Exercise prompt -
Collect from the data below each line with "setw".

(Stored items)
******

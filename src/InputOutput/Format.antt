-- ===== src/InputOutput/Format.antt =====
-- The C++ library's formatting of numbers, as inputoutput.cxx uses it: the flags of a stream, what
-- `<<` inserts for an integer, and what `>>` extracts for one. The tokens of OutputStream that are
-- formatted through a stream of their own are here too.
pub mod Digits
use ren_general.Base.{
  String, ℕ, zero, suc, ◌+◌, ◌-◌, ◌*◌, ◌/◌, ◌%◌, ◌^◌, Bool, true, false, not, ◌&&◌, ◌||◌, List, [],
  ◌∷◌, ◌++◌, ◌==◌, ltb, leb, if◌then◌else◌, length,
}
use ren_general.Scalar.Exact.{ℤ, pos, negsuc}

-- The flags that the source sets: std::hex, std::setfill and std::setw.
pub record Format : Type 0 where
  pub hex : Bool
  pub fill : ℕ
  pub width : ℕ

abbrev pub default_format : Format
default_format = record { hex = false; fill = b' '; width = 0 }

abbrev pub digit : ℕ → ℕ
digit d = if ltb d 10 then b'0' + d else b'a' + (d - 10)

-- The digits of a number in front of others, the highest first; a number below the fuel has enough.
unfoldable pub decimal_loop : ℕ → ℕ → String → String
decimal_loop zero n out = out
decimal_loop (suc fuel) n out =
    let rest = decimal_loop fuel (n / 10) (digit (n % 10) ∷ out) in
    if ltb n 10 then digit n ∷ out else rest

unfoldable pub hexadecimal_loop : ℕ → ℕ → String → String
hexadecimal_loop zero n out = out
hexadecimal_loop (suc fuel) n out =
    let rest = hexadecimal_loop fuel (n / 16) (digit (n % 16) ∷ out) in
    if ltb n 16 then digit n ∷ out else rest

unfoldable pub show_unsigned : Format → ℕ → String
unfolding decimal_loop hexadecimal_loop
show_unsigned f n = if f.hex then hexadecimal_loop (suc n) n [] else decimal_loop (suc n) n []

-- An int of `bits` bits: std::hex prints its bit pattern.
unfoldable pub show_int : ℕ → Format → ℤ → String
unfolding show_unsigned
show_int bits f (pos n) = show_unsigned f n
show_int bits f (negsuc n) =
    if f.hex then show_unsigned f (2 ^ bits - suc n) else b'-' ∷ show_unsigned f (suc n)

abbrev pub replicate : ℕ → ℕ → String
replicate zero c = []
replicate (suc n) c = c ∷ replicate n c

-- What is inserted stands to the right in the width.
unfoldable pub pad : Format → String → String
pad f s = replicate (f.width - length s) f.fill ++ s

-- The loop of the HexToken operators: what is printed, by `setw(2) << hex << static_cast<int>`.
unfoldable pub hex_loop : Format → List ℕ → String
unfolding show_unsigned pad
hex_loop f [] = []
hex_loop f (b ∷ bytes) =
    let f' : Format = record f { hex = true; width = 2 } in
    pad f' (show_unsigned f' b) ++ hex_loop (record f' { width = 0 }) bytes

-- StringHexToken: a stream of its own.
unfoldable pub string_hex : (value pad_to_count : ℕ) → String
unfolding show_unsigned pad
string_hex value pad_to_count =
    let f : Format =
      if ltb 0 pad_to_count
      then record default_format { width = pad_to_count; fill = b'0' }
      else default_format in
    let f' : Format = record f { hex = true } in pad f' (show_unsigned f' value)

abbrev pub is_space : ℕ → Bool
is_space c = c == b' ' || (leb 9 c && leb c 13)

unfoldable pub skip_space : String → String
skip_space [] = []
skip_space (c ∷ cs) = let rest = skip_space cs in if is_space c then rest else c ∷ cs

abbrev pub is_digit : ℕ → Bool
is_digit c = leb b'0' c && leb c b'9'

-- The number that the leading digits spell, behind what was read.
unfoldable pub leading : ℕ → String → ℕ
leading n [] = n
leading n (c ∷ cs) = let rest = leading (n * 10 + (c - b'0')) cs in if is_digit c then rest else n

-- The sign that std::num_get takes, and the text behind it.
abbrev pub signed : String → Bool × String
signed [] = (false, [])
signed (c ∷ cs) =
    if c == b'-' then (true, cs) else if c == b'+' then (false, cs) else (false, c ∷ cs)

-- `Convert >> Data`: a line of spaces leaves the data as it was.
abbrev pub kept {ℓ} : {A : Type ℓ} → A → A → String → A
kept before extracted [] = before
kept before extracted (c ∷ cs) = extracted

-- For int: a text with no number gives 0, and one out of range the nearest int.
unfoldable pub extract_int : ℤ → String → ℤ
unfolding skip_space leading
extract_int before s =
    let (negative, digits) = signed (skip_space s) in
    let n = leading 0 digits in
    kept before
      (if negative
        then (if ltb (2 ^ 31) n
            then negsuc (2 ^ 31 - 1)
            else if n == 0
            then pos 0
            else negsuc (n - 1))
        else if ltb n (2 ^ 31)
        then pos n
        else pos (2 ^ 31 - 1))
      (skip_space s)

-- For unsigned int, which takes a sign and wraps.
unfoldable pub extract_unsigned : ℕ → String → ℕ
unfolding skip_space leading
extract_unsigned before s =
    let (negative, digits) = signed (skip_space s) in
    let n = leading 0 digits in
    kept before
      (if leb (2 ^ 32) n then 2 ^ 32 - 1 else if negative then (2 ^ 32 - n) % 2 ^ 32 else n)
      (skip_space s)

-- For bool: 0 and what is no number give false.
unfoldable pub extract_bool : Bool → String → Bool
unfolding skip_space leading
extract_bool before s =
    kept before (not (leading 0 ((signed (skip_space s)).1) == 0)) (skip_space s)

******

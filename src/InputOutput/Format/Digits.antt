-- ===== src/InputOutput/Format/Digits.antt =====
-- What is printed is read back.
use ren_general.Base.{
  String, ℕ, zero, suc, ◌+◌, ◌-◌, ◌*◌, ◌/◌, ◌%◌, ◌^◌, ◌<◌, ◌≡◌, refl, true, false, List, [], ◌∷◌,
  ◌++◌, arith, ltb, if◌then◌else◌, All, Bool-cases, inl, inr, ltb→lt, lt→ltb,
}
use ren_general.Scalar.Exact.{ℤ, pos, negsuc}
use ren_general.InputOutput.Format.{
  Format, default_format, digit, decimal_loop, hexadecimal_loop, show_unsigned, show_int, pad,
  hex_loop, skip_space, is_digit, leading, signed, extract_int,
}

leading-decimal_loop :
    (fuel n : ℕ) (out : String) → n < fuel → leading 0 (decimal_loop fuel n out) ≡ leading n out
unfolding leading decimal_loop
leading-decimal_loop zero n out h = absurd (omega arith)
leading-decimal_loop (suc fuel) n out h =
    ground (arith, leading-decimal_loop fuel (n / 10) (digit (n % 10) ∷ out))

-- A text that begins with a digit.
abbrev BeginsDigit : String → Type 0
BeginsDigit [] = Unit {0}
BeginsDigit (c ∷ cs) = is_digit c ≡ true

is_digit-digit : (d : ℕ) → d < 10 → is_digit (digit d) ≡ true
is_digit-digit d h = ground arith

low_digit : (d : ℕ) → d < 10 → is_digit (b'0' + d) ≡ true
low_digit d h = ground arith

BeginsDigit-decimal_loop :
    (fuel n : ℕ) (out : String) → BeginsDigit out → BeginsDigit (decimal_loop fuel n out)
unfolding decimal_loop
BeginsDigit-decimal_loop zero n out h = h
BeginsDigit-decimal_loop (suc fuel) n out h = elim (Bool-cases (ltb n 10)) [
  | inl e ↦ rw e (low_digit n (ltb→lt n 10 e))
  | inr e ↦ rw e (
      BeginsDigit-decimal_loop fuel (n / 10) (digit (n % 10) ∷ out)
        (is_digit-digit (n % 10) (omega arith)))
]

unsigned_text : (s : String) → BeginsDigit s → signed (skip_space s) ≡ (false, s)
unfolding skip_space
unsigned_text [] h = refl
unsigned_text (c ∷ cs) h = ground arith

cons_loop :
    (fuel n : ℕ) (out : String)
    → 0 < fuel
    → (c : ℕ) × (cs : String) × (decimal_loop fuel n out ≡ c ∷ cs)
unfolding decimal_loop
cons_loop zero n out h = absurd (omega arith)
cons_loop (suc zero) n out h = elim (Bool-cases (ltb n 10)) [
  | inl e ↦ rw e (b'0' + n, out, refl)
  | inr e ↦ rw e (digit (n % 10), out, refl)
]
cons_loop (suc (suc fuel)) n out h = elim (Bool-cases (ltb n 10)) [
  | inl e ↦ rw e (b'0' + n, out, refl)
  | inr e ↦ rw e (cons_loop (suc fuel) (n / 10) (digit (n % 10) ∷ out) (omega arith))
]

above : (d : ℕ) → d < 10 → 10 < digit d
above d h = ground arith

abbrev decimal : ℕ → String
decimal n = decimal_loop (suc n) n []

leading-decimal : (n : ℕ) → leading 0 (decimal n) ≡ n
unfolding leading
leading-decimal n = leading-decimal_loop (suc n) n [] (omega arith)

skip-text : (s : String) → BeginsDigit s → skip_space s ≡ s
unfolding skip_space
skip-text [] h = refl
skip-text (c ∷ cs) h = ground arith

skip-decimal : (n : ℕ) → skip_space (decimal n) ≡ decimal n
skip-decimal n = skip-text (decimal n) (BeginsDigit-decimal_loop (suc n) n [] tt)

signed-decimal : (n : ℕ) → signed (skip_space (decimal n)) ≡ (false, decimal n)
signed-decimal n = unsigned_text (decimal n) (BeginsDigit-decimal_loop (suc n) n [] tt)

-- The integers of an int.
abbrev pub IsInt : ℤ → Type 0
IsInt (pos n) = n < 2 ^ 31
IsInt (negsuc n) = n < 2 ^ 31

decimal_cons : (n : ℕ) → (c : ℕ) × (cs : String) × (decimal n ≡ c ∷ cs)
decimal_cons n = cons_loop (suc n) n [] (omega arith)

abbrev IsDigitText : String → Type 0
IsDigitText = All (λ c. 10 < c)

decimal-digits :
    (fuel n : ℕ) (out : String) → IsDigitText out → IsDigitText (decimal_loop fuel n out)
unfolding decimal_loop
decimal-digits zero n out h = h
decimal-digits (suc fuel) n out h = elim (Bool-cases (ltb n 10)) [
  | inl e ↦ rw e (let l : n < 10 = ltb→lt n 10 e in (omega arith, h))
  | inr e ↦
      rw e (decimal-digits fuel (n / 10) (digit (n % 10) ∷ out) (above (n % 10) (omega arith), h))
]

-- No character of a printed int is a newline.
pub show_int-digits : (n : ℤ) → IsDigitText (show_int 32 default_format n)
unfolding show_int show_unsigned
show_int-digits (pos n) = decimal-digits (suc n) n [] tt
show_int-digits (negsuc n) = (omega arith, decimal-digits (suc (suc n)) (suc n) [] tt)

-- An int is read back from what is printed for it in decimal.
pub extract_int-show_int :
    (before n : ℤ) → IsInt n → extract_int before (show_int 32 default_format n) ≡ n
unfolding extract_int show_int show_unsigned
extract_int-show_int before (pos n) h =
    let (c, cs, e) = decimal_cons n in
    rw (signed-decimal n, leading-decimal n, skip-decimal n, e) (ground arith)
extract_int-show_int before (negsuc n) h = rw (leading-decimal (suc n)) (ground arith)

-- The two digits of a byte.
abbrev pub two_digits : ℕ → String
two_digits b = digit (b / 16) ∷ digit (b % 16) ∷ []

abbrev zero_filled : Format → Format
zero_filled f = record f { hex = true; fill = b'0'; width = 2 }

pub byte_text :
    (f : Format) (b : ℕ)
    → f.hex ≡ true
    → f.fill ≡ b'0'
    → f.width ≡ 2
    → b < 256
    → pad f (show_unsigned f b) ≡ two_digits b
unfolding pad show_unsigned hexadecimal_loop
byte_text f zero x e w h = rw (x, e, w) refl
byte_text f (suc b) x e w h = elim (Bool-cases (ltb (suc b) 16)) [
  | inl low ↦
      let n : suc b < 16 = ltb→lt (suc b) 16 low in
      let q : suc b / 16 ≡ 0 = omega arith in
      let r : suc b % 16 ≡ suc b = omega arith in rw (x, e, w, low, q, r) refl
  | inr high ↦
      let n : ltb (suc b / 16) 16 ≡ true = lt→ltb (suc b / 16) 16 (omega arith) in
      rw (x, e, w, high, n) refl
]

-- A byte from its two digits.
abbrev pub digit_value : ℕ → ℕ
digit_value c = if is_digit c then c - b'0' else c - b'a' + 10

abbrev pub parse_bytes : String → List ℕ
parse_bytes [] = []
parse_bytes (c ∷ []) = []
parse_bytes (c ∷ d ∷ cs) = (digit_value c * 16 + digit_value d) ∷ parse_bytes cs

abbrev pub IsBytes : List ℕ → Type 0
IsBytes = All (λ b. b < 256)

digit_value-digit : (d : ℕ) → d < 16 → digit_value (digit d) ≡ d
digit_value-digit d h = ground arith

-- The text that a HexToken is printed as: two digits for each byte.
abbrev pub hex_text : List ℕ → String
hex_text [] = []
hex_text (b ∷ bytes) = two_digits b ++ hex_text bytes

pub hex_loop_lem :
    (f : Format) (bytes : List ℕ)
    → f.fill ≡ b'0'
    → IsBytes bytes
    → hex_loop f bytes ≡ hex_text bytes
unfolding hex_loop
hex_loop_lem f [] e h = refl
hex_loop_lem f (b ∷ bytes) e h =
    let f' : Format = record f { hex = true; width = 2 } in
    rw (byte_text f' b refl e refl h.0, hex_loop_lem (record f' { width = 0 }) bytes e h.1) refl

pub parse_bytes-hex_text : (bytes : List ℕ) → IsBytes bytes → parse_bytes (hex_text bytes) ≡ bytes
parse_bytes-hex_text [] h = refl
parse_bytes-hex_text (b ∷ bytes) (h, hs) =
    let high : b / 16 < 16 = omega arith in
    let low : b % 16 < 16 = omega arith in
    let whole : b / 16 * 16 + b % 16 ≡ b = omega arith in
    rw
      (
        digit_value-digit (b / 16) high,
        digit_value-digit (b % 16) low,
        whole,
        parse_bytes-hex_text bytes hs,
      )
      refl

******

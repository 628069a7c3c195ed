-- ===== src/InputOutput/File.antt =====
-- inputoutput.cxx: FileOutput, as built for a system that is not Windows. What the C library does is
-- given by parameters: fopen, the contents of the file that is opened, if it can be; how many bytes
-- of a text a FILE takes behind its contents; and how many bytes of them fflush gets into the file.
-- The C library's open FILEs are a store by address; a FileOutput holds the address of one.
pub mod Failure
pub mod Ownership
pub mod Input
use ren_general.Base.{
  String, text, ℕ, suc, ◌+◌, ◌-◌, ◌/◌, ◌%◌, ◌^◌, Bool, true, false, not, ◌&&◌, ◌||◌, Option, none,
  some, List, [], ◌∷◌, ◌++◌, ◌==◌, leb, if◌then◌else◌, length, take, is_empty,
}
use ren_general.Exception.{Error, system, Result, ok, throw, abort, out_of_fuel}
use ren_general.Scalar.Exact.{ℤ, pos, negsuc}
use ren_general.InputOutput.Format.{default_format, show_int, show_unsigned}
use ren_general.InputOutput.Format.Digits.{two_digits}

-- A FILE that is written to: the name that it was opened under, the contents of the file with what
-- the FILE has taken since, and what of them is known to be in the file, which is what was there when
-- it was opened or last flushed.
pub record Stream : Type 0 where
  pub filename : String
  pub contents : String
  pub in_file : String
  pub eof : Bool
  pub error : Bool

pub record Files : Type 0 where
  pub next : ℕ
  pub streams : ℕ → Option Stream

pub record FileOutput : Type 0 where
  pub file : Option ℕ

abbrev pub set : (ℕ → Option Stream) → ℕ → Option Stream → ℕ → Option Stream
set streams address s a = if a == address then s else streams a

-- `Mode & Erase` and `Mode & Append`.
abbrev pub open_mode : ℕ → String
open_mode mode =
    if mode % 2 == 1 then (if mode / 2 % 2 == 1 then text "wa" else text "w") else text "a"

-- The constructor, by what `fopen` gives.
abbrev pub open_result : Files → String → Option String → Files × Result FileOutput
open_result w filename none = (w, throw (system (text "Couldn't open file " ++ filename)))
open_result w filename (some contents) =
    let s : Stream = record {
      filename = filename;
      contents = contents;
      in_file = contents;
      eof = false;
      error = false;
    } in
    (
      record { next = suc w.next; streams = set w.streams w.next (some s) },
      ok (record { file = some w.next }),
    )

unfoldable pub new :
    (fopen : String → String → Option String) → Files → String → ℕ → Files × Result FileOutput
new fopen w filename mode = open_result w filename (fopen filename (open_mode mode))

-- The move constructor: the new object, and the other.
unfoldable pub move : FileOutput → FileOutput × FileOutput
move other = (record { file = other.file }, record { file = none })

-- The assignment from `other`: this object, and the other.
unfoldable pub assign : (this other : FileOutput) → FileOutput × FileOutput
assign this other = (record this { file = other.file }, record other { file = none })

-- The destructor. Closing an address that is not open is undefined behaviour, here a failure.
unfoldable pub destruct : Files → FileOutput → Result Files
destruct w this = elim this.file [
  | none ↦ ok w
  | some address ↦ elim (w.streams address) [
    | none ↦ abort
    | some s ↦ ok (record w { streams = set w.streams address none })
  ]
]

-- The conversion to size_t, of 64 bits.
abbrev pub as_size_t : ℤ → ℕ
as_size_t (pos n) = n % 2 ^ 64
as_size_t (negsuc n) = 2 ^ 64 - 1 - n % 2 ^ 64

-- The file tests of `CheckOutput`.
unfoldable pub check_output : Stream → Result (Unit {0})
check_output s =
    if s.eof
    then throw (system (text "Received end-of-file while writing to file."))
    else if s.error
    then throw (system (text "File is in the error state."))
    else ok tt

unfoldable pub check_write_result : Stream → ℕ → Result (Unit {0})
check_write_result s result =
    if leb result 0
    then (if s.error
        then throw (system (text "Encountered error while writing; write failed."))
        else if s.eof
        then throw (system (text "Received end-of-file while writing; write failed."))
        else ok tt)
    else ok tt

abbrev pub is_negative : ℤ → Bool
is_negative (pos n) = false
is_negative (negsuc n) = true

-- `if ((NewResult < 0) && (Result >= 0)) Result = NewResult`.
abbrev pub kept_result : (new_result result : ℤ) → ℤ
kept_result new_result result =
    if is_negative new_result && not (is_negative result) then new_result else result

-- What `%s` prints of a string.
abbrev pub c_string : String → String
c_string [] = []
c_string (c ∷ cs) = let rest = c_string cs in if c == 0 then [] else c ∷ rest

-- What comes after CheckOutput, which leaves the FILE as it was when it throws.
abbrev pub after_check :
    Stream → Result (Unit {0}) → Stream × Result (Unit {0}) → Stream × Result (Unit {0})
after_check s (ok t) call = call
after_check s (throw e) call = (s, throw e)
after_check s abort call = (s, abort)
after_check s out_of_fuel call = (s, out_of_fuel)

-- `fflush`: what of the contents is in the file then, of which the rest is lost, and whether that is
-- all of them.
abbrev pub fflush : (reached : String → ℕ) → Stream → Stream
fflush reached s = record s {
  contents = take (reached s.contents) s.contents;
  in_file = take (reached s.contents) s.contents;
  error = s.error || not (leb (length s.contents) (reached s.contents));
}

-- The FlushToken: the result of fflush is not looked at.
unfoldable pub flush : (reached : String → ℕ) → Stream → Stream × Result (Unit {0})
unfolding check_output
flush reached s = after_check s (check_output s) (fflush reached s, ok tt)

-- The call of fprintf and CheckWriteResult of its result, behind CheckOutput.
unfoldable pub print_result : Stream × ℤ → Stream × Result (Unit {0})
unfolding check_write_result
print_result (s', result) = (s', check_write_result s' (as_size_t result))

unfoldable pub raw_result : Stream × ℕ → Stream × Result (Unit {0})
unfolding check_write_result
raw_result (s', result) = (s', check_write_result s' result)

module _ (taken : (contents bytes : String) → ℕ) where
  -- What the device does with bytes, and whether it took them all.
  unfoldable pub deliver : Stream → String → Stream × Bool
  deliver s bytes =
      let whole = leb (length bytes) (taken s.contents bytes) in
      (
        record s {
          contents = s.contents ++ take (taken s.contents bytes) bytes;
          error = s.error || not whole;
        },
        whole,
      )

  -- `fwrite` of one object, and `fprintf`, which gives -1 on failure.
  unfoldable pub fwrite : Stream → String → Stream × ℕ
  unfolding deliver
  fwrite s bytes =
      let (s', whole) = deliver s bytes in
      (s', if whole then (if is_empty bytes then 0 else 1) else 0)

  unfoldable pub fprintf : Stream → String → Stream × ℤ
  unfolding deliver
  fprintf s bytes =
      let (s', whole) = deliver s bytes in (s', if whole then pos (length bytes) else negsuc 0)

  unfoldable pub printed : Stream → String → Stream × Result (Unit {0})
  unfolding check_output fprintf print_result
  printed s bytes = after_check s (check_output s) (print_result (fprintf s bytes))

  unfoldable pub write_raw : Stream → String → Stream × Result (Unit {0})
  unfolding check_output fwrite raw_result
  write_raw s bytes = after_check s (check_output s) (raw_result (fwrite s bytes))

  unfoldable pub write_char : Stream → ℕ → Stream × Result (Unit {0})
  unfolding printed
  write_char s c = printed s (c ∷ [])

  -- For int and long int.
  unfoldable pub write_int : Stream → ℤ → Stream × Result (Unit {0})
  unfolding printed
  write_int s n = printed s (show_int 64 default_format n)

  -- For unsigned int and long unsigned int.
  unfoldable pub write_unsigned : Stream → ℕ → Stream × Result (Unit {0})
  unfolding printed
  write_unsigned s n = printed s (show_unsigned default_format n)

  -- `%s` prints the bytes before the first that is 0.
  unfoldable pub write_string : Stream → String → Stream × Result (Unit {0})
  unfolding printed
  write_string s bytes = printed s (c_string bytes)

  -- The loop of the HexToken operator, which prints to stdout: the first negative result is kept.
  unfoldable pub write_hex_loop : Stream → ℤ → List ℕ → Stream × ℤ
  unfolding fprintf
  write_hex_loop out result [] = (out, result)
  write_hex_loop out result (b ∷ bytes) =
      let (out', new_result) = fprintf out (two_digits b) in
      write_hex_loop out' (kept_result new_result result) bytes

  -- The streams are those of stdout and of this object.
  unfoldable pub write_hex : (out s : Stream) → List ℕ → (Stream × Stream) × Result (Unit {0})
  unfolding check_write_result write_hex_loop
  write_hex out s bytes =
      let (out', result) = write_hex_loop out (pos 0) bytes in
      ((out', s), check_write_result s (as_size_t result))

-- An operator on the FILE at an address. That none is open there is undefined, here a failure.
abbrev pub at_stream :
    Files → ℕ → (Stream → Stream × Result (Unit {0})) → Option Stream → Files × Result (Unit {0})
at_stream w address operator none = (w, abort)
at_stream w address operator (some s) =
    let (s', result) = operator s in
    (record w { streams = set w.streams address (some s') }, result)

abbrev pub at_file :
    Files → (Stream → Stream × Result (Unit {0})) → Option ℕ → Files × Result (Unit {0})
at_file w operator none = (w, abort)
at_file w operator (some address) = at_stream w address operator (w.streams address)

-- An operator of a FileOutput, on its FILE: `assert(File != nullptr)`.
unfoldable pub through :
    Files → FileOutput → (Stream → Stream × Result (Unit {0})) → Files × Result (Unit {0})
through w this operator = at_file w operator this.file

******

Worked solution -
-- The flags that the source sets: std::hex, std::setfill and std::setw.
-- The loop of the HexToken operators: what is printed, by `setw(2) << hex << static_cast<int>`.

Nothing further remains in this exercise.